[Stored items from a collection]
━━━━━━━━━━━━━━━━━━━━

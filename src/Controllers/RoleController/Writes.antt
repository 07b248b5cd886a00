-- ===== src/Controllers/RoleController/Writes.antt =====
-- controllers/RoleController.cc: the handlers that write, and the cached pages.
use drogon_api_starter.Prelude.{◌≡◌, refl, sym, ◌∙◌, String, Bool, true, false, Option, none, ltb}
use drogon_api_starter.Result.{Result, ok, err}
use drogon_api_starter.Action.{Action, continue, ok-injective, err-ne-ok}
use drogon_api_starter.Cache.{get}
use drogon_api_starter.Cache.Store.{Store, begins}
use drogon_api_starter.Pagination.{PageRequest, cache_key}
use drogon_api_starter.Platform.{Platform, Moment, World, on_db}
use drogon_api_starter.Services.RoleService.{create_role, update_role, delete_role}
use drogon_api_starter.Controllers.Base.{Response, error_response, no_content}
use drogon_api_starter.Controllers.Invalidation.{begins-cache_key, erased-get, invalidated}
use drogon_api_starter.Controllers.RoleController.{
  body_or_null, delete_answer, create_role_handler, update_role_by_id, delete_role_by_id,
}

-- A request that writes: POST, PUT and DELETE.
pub data RoleWrite (Value : Type 0) : Type 0 where
  create : Option Value → RoleWrite Value
  update : String → Option Value → RoleWrite Value
  delete : String → RoleWrite Value

module _ (P : Platform) (enabled client : Bool) (moment : Moment P) where
  -- The handler that the request's method is routed to.
  abbrev pub perform_role : RoleWrite P.json.Value → Action (World P) (Response P.json.Value)
  perform_role (create body) = create_role_handler P enabled client moment body
  perform_role (update id body) = update_role_by_id P enabled client moment id body
  perform_role (delete id) = delete_role_by_id P enabled client id

module _ (P : Platform) (store : Store P.redis) where
  abbrev Answer : Type 0
  Answer = Response P.json.Value

  deleted-get :
      (m : Result Bool × World P) (r : Answer) (w' : World P) (key : String)
      → continue (delete_answer P true true) m ≡ (ok r, w')
      → begins "roles:" key ≡ true
      → get P.redis true key w'.redis ≡ (ok none, w'.redis)
  deleted-get (ok true, w) r w' key h begin =
      let (_, done_with, gone) = erased-get P store "roles:" refl (no_content P.json) w key begin in
      let (_, world) = ok-injective (sym done_with ∙ h) in rw (sym world) gone
  deleted-get (ok false, w) r w' key h begin =
      let (_, done_with, gone) =
        erased-get P store "roles:" refl (error_response P.json "Record not found" 400) w key
          begin in
      let (_, world) = ok-injective (sym done_with ∙ h) in rw (sym world) gone
  deleted-get (err e, w) r w' key h begin = elim (err-ne-ok h) [ ]

  -- After a handler of controllers/RoleController.cc that creates, updates or deletes has answered
  -- with a success, the cache has no page of roles left, where Redis holds what it was given: no
  -- list that was cached before the write is served after it.
  pub perform_role-invalidates :
      (moment : Moment P) (write : RoleWrite P.json.Value) (w w' : World P) (r : Answer)
      (request : PageRequest)
      → perform_role P true true moment write w ≡ (ok r, w')
      → ltb r.status 300 ≡ true
      → get P.redis true (cache_key request "roles") w'.redis ≡ (ok none, w'.redis)
  unfolding create_role_handler update_role_by_id delete_role_by_id
  perform_role-invalidates moment (create body) w w' r request h status =
      let (_, begin) = begins-cache_key request in
      invalidated P store "roles:" refl
        (on_db (create_role P moment (body_or_null P true true body)) w) _ _ _ r w'
        (cache_key request "roles") refl refl h status begin
  perform_role-invalidates moment (update id body) w w' r request h status =
      let (_, begin) = begins-cache_key request in
      invalidated P store "roles:" refl
        (on_db (update_role P moment id (body_or_null P true true body)) w) _ _ _ r w'
        (cache_key request "roles") refl refl h status begin
  perform_role-invalidates moment (delete id) w w' r request h status =
      let (_, begin) = begins-cache_key request in
      deleted-get (on_db (delete_role P id) w) r w' (cache_key request "roles") h begin
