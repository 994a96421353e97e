-- ===== src/Dimension/Hierarchy/WellFormed.antt =====
-- A well-formed hierarchy, and what the operations on edges share.
use mathlib.Core.Option.{some-injective}
use epiphany.Base.{
  ℕ, zero, suc, ◌<◌, ◌≡◌, refl, ap, sym, ◌∙◌, true, false, none, some, List, [], ◌∷◌, get_elem?,
  length, inl, inr, arith, Option-cases, lt-get_elem?,
}
use epiphany.Base.Result.{ok, ok_or}
use epiphany.Model.{lift}
use epiphany.Dimension.{Edge, Element, ElementKind, Dimension, element, consolidated, leaf, string}
use epiphany.Dimension.Hierarchy.{push_edge, reaches, is_consolidated, check_reaches}
use epiphany.Dimension.Hierarchy.Graph.{
  IsChild, Descends, IsAcyclic, IsAcyclic-push_edge, IsChild-push_edge,
}
use epiphany.Dimension.Hierarchy.Marks.{InRange}
use epiphany.Dimension.Hierarchy.Search.{IsRight, reaches-IsRight}

-- A row of edges for each element, edges that lead to elements, no cycle, and children under
-- consolidations alone.
pub record IsHierarchy (d : Dimension) : Type 0 where
  pub sized : length d.children ≡ length d.elements
  pub ranged : InRange d.children
  pub acyclic : IsAcyclic d.children
  pub parents :
      (n c : ℕ)
      → IsChild d.children n c
      → (e : Element) → get_elem? d.elements n ≡ some e
      → e.kind ≡ consolidated

pub length-push_edge :
    (g : List (List Edge)) (n : ℕ) (e : Edge) → length (push_edge g n e) ≡ length g
length-push_edge [] n e = refl
length-push_edge (es ∷ g) zero e = refl
length-push_edge (es ∷ g) (suc n) e = ap suc (length-push_edge g n e)

pub element-eq-ok :
    (d : Dimension) (i : ℕ) (e : Element)
    → element d i ≡ ok e
    → (get_elem? d.elements i ≡ some e) × (i < length d.elements)
unfolding element
element-eq-ok d i e h =
    let found : get_elem? d.elements i ≡ some e = ground arith in
    (found, lt-get_elem? d.elements i e found)

-- one more edge, from a consolidation to an element that it does not stand below
pub push_edge-IsHierarchy :
    (d : Dimension) (p : ℕ) (e : Edge) (x : Element)
    → IsHierarchy d
    → get_elem? d.elements p ≡ some x
    → x.kind ≡ consolidated
    → e.child < length d.elements
    → ¬ Descends d.children e.child p
    → IsHierarchy (record d { children = push_edge d.children p e })
push_edge-IsHierarchy d p e x h is_x kind fits free = record {
  sized = length-push_edge d.children p e ∙ h.sized;
  ranged = λ n c k. elim (IsChild-push_edge d.children p e n c k) [
    | inl old ↦ omega (arith, length-push_edge d.children p e, h.ranged n c old)
    | inr (a, b) ↦ rw (b, length-push_edge d.children p e, h.sized) fits
  ];
  acyclic = IsAcyclic-push_edge d.children p e h.acyclic free;
  parents = λ n c k y is_y. elim (IsChild-push_edge d.children p e n c k) [
    | inl old ↦ h.parents n c old y is_y
    | inr (a, b) ↦
        ap (λ (z : Element). z.kind)
          (some-injective y x (sym is_y ∙ ap (get_elem? d.elements) a ∙ is_x))
        ∙ kind
  ];
}

IsRight-check :
    (d : Dimension) (from to : ℕ)
    → IsRight d.children to from (reaches d from to)
    → (Descends d.children from to → check_reaches d from to ≡ ok true)
      × (¬ Descends d.children from to → check_reaches d from to ≡ ok false)
IsRight-check d from to h = elim (Option-cases (reaches d from to)) [
  | inl e ↦ absurd (let k : IsRight d.children to from none = rw e at h in k)
  | inr (true, e) ↦
      let k : Descends d.children from to = rw e at h in (λ p. rw (e, ok_or), λ q. absurd (q k))
  | inr (false, e) ↦
      let k : ¬ Descends d.children from to = rw e at h in (λ p. absurd (k p), λ q. rw (e, ok_or))
]

pub check_reaches_lem :
    (d : Dimension) (from to : ℕ)
    → IsHierarchy d
    → from < length d.elements
    → (Descends d.children from to → check_reaches d from to ≡ ok true)
      × (¬ Descends d.children from to → check_reaches d from to ≡ ok false)
check_reaches_lem d from to h fits =
    IsRight-check d from to (reaches-IsRight d from to h.sized h.ranged fits)

pub element-eq :
    (d : Dimension) (i : ℕ) (e : Element) → get_elem? d.elements i ≡ some e → element d i ≡ ok e
unfolding element
element-eq d i e h = ground arith

pub lift-eq-ok :
    (d : Dimension) (i : ℕ) (e : Element)
    → lift (element d i) ≡ ok e
    → get_elem? d.elements i ≡ some e
unfolding element
lift-eq-ok d i e h = ground arith

pub is_consolidated-true : (k : ElementKind) → is_consolidated k ≡ true → k ≡ consolidated
is_consolidated-true leaf h = cc
is_consolidated-true string h = cc
is_consolidated-true consolidated h = refl
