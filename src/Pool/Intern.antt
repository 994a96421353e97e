-- ===== src/Pool/Intern.antt =====
-- Interning a text.
use epiphany.Base.{
  ℕ, ◌^◌, ◌<◌, ◌≡◌, refl, ap, sym, ◌∙◌, none, some, [], ◌∷◌, ◌++◌, get_elem?, get_elem?-push,
  length, ◌↔◌, Bool-cases, Option-cases, inl, inr, arith,
}
use mathlib.Core.Option.{some-injective}
use epiphany.Base.Eq.{nat_eq, list_eq, list_beq_iff, list_beq}
use epiphany.Base.Assoc.{lookup, insert, lookup-insert}
use epiphany.Text.{Text}
use epiphany.Pool.{StringPool, empty, intern, next_id}

-- The texts and the ids are one correspondence.
abbrev pub IsPool : StringPool → Type 0
IsPool pool =
    (value : Text) (id : ℕ)
    → (lookup value pool.ids ≡ some id) ↔ (get_elem? pool.by_id id ≡ some value)

pub empty-IsPool : IsPool empty
unfolding lookup
empty-IsPool value id = (λ h. cc, λ h. cc)

-- a text that is not there yet, under the next id
abbrev pub pushed : StringPool → Text → StringPool
pushed pool value = record {
  by_id = pool.by_id ++ value ∷ [];
  ids = insert value (next_id pool) pool.ids;
}

pub pushed-IsPool :
    (pool : StringPool) (value : Text)
    → length pool.by_id < 2 ^ 32
    → IsPool pool
    → lookup value pool.ids ≡ none
    → IsPool (pushed pool value)
pushed-IsPool pool value fits h fresh v id =
    let rows = get_elem?-push pool.by_id value v id in
    let found = lookup-insert value v (next_id pool) pool.ids in
    elim (Bool-cases (list_beq value v)) [
      | inl e ↦
          let same = (list_beq_iff value v).0 e in
          let hit : lookup v (insert value (next_id pool) pool.ids) ≡ some (length pool.by_id) =
            rw (found, e) (ap some (omega arith)) in
          (
            λ q. rows.1 (inr (some-injective id (length pool.by_id) (sym q ∙ hit), same)),
            λ q. elim (rows.0 q) [
              | inl old ↦
                  let k : lookup value pool.ids ≡ some id =
                    (h value id).1 (old ∙ ap some (sym same)) in
                  absurd (cc)
              | inr last ↦ hit ∙ ap some (sym last.0)
            ],
          )
      | inr e ↦
          let miss : lookup v (insert value (next_id pool) pool.ids) ≡ lookup v pool.ids =
            rw (found, e) refl in
          (
            λ q. rows.1 (inl ((h v id).0 (sym miss ∙ q))),
            λ q. elim (rows.0 q) [
              | inl old ↦ miss ∙ (h v id).1 old
              | inr last ↦ absurd (grind (arith, last.1, e, list_beq_iff value v))
            ],
          )
    ]

-- What `intern` returns, from the pool before, for a text.
abbrev pub IsInterned : StringPool → Text → StringPool × ℕ → Type 0
IsInterned pool value (pool', id) =
    IsPool pool'
    × (get_elem? pool'.by_id id ≡ some value)
    × ((j : ℕ) (t : Text) → get_elem? pool.by_id j ≡ some t → get_elem? pool'.by_id j ≡ some t)

intern_new :
    (pool : StringPool) (value : Text)
    → lookup value pool.ids ≡ none
    → intern pool value ≡ (pushed pool value, next_id pool)
unfolding intern
intern_new pool value e = rw (e, intern) refl

intern_old :
    (pool : StringPool) (value : Text) (id : ℕ)
    → lookup value pool.ids ≡ some id
    → intern pool value ≡ (pool, id)
unfolding intern
intern_old pool value id e = rw (e, intern) refl

-- In a well-formed pool of fewer than 2^32 texts, the id that `intern` returns is the text's, every
-- id handed out before keeps its text, and the pool stays well formed.
pub intern-IsInterned :
    (pool : StringPool) (value : Text)
    → IsPool pool
    → length pool.by_id < 2 ^ 32
    → IsInterned pool value (intern pool value)
intern-IsInterned pool value h fits = elim (Option-cases (lookup value pool.ids)) [
  | inl e ↦ rw (intern_new pool value e) (
    pushed-IsPool pool value fits h e,
    (get_elem?-push pool.by_id value value (next_id pool)).1 (inr (omega arith, refl)),
    λ j t q. (get_elem?-push pool.by_id value t j).1 (inl q),
  )
  | inr (id, e) ↦ rw (intern_old pool value id e) (h, (h value id).0 e, λ j t q. q)
]
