-- ===== src/Cube/WellFormed.antt =====
-- A well-formed cube, and what its checks establish of a coordinate.
use epiphany.Base.{
  ℕ, ◌<◌, ◌^◌, ◌≡◌, refl, subst, some, List, [], ◌∷◌, length, get_elem?, ◌==◌, ==_iff, arith,
}
use epiphany.Base.Result.{ok, bind-eq-ok, guard-eq-ok}
use epiphany.Text.{Text}
use epiphany.Model.{rank_mismatch}
use epiphany.Fixed.{Fixed}
use epiphany.Dimension.{Dimension, element}
use epiphany.Dimension.Hierarchy.WellFormed.{element-eq-ok}
use epiphany.Layout.{layout_of}
use epiphany.Layout.RoundTrip.{Fits}
use epiphany.Store.{CellStore}
use epiphany.Store as S
use epiphany.Store.Refines.{IsFor, new-IsFor, get-new}
use epiphany.Pool.Intern.{IsPool, empty-IsPool}
use epiphany.Cube.{
  Cube, counts, rank, check_elements, check_coord, check_leaf_write, check_string_write, new, fresh,
}

-- Element counts are `u32`s in the code.
abbrev pub AreCounted : List Dimension → Type 0
AreCounted [] = Unit
AreCounted (d ∷ ds) = (length d.elements < 2 ^ 32) × AreCounted ds

-- The layout is that of the dimensions, both stores are keyed by it, the pool is well formed, and
-- each id that is stored has a text.
pub record IsCube (cube : Cube) : Type 0 where
  pub counted : AreCounted cube.dimensions
  pub laid_out : cube.layout ≡ layout_of (counts cube.dimensions)
  pub cells_keyed : IsFor (counts cube.dimensions) cube.cells
  pub strings_keyed : IsFor (counts cube.dimensions) cube.string_cells
  pub pooled : IsPool cube.string_pool
  pub texts :
      (coord : List ℕ) (id : ℕ)
      → Fits (counts cube.dimensions) coord
      → S.get cube.string_cells cube.layout coord ≡ some id
      → (t : Text) × (get_elem? cube.string_pool.by_id id ≡ some t)

-- A coordinate that the loop of `check_coord` accepts, of the right length, fits the layout.
check_elements-Fits :
    (ds : List Dimension) (coord : List ℕ)
    → AreCounted ds
    → length coord ≡ length ds
    → check_elements ds coord ≡ ok tt
    → Fits (counts ds) coord
unfolding check_elements
check_elements-Fits [] [] small same e = tt
check_elements-Fits [] (i ∷ coord) small same e = absurd (omega (arith, same))
check_elements-Fits (d ∷ ds) [] small same e = absurd (omega (arith, same))
check_elements-Fits (d ∷ ds) (i ∷ coord) small same e =
    let (x, found, rest) = bind-eq-ok (element d i) _ e in
    let inside = (element-eq-ok d i x found).1 in
    (
      omega arith,
      omega (arith, inside, small.0),
      check_elements-Fits ds coord small.1 (omega (arith, same)) rest,
    )

pub check_coord-Fits :
    (cube : Cube) (coord : List ℕ)
    → IsCube cube
    → check_coord cube coord ≡ ok tt
    → Fits (counts cube.dimensions) coord
unfolding check_coord
check_coord-Fits cube coord h e =
    let (same, rest) =
      guard-eq-ok (length coord == rank cube) (rank_mismatch (rank cube) (length coord)) _ e in
    check_elements-Fits cube.dimensions coord h.counted ((==_iff (length coord) (rank cube)).0 same)
      rest

-- The write checks start with the check of the coordinate.
pub check_leaf_write-check_coord :
    (cube : Cube) (coord : List ℕ)
    → check_leaf_write cube coord ≡ ok tt
    → check_coord cube coord ≡ ok tt
unfolding check_leaf_write
check_leaf_write-check_coord cube coord e =
    let (u, k, rest) = bind-eq-ok (check_coord cube coord) _ e in k

pub check_string_write-check_coord :
    (cube : Cube) (coord : List ℕ)
    → check_string_write cube coord ≡ ok tt
    → check_coord cube coord ≡ ok tt
unfolding check_string_write
check_string_write-check_coord cube coord e =
    let (u, k, rest) = bind-eq-ok (check_coord cube coord) _ e in k

fresh-IsCube : (name : Text) (ds : List Dimension) → AreCounted ds → IsCube (fresh name ds)
unfolding fresh
fresh-IsCube name ds small = record {
  counted = small;
  laid_out = refl;
  cells_keyed = new-IsFor Fixed (counts ds);
  strings_keyed = new-IsFor ℕ (counts ds);
  pooled = empty-IsPool;
  texts = λ coord id fits q.
      absurd (cc (get-new ℕ (layout_of (counts ds)).narrow (layout_of (counts ds)) coord, q));
}

-- A new cube is well formed.
pub new-IsCube :
    (name : Text) (ds : List Dimension) (cube : Cube)
    → AreCounted ds
    → new name ds ≡ ok cube
    → IsCube cube
unfolding new
new-IsCube name [] cube small e = cc
new-IsCube name (d ∷ ds) cube small e =
    let same : fresh name (d ∷ ds) ≡ cube = cc in
    subst IsCube same (fresh-IsCube name (d ∷ ds) small)
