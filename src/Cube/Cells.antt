-- ===== src/Cube/Cells.antt =====
-- Numeric cells: what `get_leaf` reads after `set_leaf`.
use epiphany.Base.{
  ℕ, ◌≡◌, refl, ap, subst, ◌∙◌, Bool, true, false, Option, none, some, List, Bool-cases, inl, inr,
  if◌then◌else◌, arith,
}
use epiphany.Base.Int.{ℤ, pos, negsuc}
use epiphany.Base.Eq.{list_beq, list_beq_iff}
use epiphany.Base.Result.{Result, ok, bind-eq-ok, Result-cases}
use epiphany.Model.{ModelError}
use epiphany.Fixed.{Fixed, nought, is_zero, is_zero_i64}
use epiphany.Layout.{layout_of}
use epiphany.Layout.RoundTrip.{Fits}
use epiphany.Store.{CellStore}
use epiphany.Store as S
use epiphany.Store.Refines.{put-IsFor, clear-IsFor, get-put, get-clear}
use epiphany.Cube.{
  Cube, counts, check_coord, check_leaf_write, set_leaf, get_leaf, leaf_value, or_nought,
}
use epiphany.Cube.WellFormed.{IsCube, check_coord-Fits, check_leaf_write-check_coord}

-- the cube that a successful `set_leaf` leaves
abbrev pub stored : Cube → List ℕ → Fixed → Cube
stored cube coord value = record cube {
  cells =
      if is_zero value
      then S.clear cube.cells cube.layout coord
      else S.put cube.cells cube.layout coord value;
}

pub set_leaf-eq-ok :
    (cube cube' : Cube) (coord : List ℕ) (value : Fixed)
    → set_leaf cube coord value ≡ ok cube'
    → (check_leaf_write cube coord ≡ ok tt) × (stored cube coord value ≡ cube')
unfolding set_leaf
set_leaf-eq-ok cube cube' coord value e =
    let (u, k, rest) = bind-eq-ok (check_leaf_write cube coord) _ e in (k, cc)

stored-IsCube :
    (cube : Cube) (coord : List ℕ) (value : Fixed) → IsCube cube → IsCube (stored cube coord value)
stored-IsCube cube coord value h = record {
  counted = h.counted;
  laid_out = h.laid_out;
  cells_keyed = elim (Bool-cases (is_zero value)) [
    | inl e ↦
        rw (e, h.laid_out) (clear-IsFor (counts cube.dimensions) cube.cells coord h.cells_keyed)
    | inr e ↦
        rw (e, h.laid_out) (put-IsFor (counts cube.dimensions) cube.cells coord value h.cells_keyed)
  ];
  strings_keyed = h.strings_keyed;
  pooled = h.pooled;
  texts = h.texts;
}

-- A successful `set_leaf` keeps the cube well formed.
pub set_leaf-IsCube :
    (cube cube' : Cube) (coord : List ℕ) (value : Fixed)
    → IsCube cube
    → set_leaf cube coord value ≡ ok cube'
    → IsCube cube'
set_leaf-IsCube cube cube' coord value h e =
    let (k, same) = set_leaf-eq-ok cube cube' coord value e in
    subst IsCube same (stored-IsCube cube coord value h)

is_zero_i64-true : (z : ℤ) → is_zero_i64 z ≡ true → z ≡ pos 0
unfolding is_zero_i64
is_zero_i64-true (pos n) e = ground arith
is_zero_i64-true (negsuc n) e = cc

is_zero-nought : (value : Fixed) → is_zero value ≡ true → value ≡ nought
unfolding is_zero
is_zero-nought value e =
    ap (λ (z : ℤ). let v : Fixed = record { scaled = z } in v) (is_zero_i64-true value.scaled e)

or_nought-if :
    (t : Bool) (x y : Option Fixed)
    → or_nought (if t then x else y) ≡ (if t then or_nought x else or_nought y)
or_nought-if true x y = refl
or_nought-if false x y = refl

stored_value :
    (cube : Cube) (a b : List ℕ) (value : Fixed)
    → IsCube cube
    → Fits (counts cube.dimensions) a
    → Fits (counts cube.dimensions) b
    → leaf_value (stored cube a value) b ≡ (if list_beq a b then value else leaf_value cube b)
unfolding leaf_value
stored_value cube a b value h fa fb =
    let lens = counts cube.dimensions in
    elim (Bool-cases (is_zero value)) [
      | inl e ↦
          rw (e, h.laid_out, is_zero-nought value e)
            (ap or_nought (get-clear lens cube.cells a b h.cells_keyed fa fb)
              ∙ or_nought-if (list_beq a b) none (S.get cube.cells (layout_of lens) b))
      | inr e ↦
          rw (e, h.laid_out)
            (ap or_nought (get-put lens cube.cells a b value h.cells_keyed fa fb)
              ∙ or_nought-if (list_beq a b) (some value) (S.get cube.cells (layout_of lens) b))
    ]

check_coord-stored :
    (cube : Cube) (a b : List ℕ) (value : Fixed)
    → check_coord (stored cube a value) b ≡ check_coord cube b
unfolding check_coord
check_coord-stored cube a b value = refl

ok-if :
    (t : Bool) (x y : Fixed)
    → ◌≡◌ {A = Result ModelError Fixed} (ok (if t then x else y)) (if t then ok x else ok y)
ok-if true x y = refl
ok-if false x y = refl

get_leaf-stored :
    (cube : Cube) (a b : List ℕ) (value : Fixed)
    → IsCube cube
    → check_coord cube a ≡ ok tt
    → get_leaf (stored cube a value) b ≡ (if list_beq a b then ok value else get_leaf cube b)
unfolding get_leaf
get_leaf-stored cube a b value h ka =
    let fa = check_coord-Fits cube a h ka in
    elim (Result-cases (check_coord cube b)) [
      | inl (u, kb) ↦
          let fb = check_coord-Fits cube b h kb in
          rw (check_coord-stored cube a b value, kb, stored_value cube a b value h fa fb)
            (ok-if (list_beq a b) value (leaf_value cube b))
      | inr (x, kb) ↦ elim (Bool-cases (list_beq a b)) [
        | inl same ↦ absurd (cc (ap (check_coord cube) ((list_beq_iff a b).0 same), ka, kb))
        | inr other ↦ rw (check_coord-stored cube a b value, kb, other) refl
      ]
    ]

-- After a successful `set_leaf`, `get_leaf` returns the value that was written at its coordinate,
-- zero included, and what it returned before, errors included, at every other one.
pub get_leaf-set_leaf :
    (cube cube' : Cube) (a b : List ℕ) (value : Fixed)
    → IsCube cube
    → set_leaf cube a value ≡ ok cube'
    → get_leaf cube' b ≡ (if list_beq a b then ok value else get_leaf cube b)
get_leaf-set_leaf cube cube' a b value h e =
    let (k, same) = set_leaf-eq-ok cube cube' a value e in
    subst (λ c. get_leaf c b ≡ (if list_beq a b then ok value else get_leaf cube b)) same
      (get_leaf-stored cube a b value h (check_leaf_write-check_coord cube a k))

━━━━━━━━━━━━━━━━━━━━

▸ **YOUR TASK**: Each line of the entries where the string "WellFormed" occurs should be shown.

▸ **ANSWER SECTION**:
-- ===== src/Dimension/Hierarchy/WellFormed.antt =====
-- ===== src/Cube/WellFormed.antt =====
use epiphany.Dimension.Hierarchy.WellFormed.{element-eq-ok}
use epiphany.Cube.WellFormed.{IsCube, check_coord-Fits, check_leaf_write-check_coord}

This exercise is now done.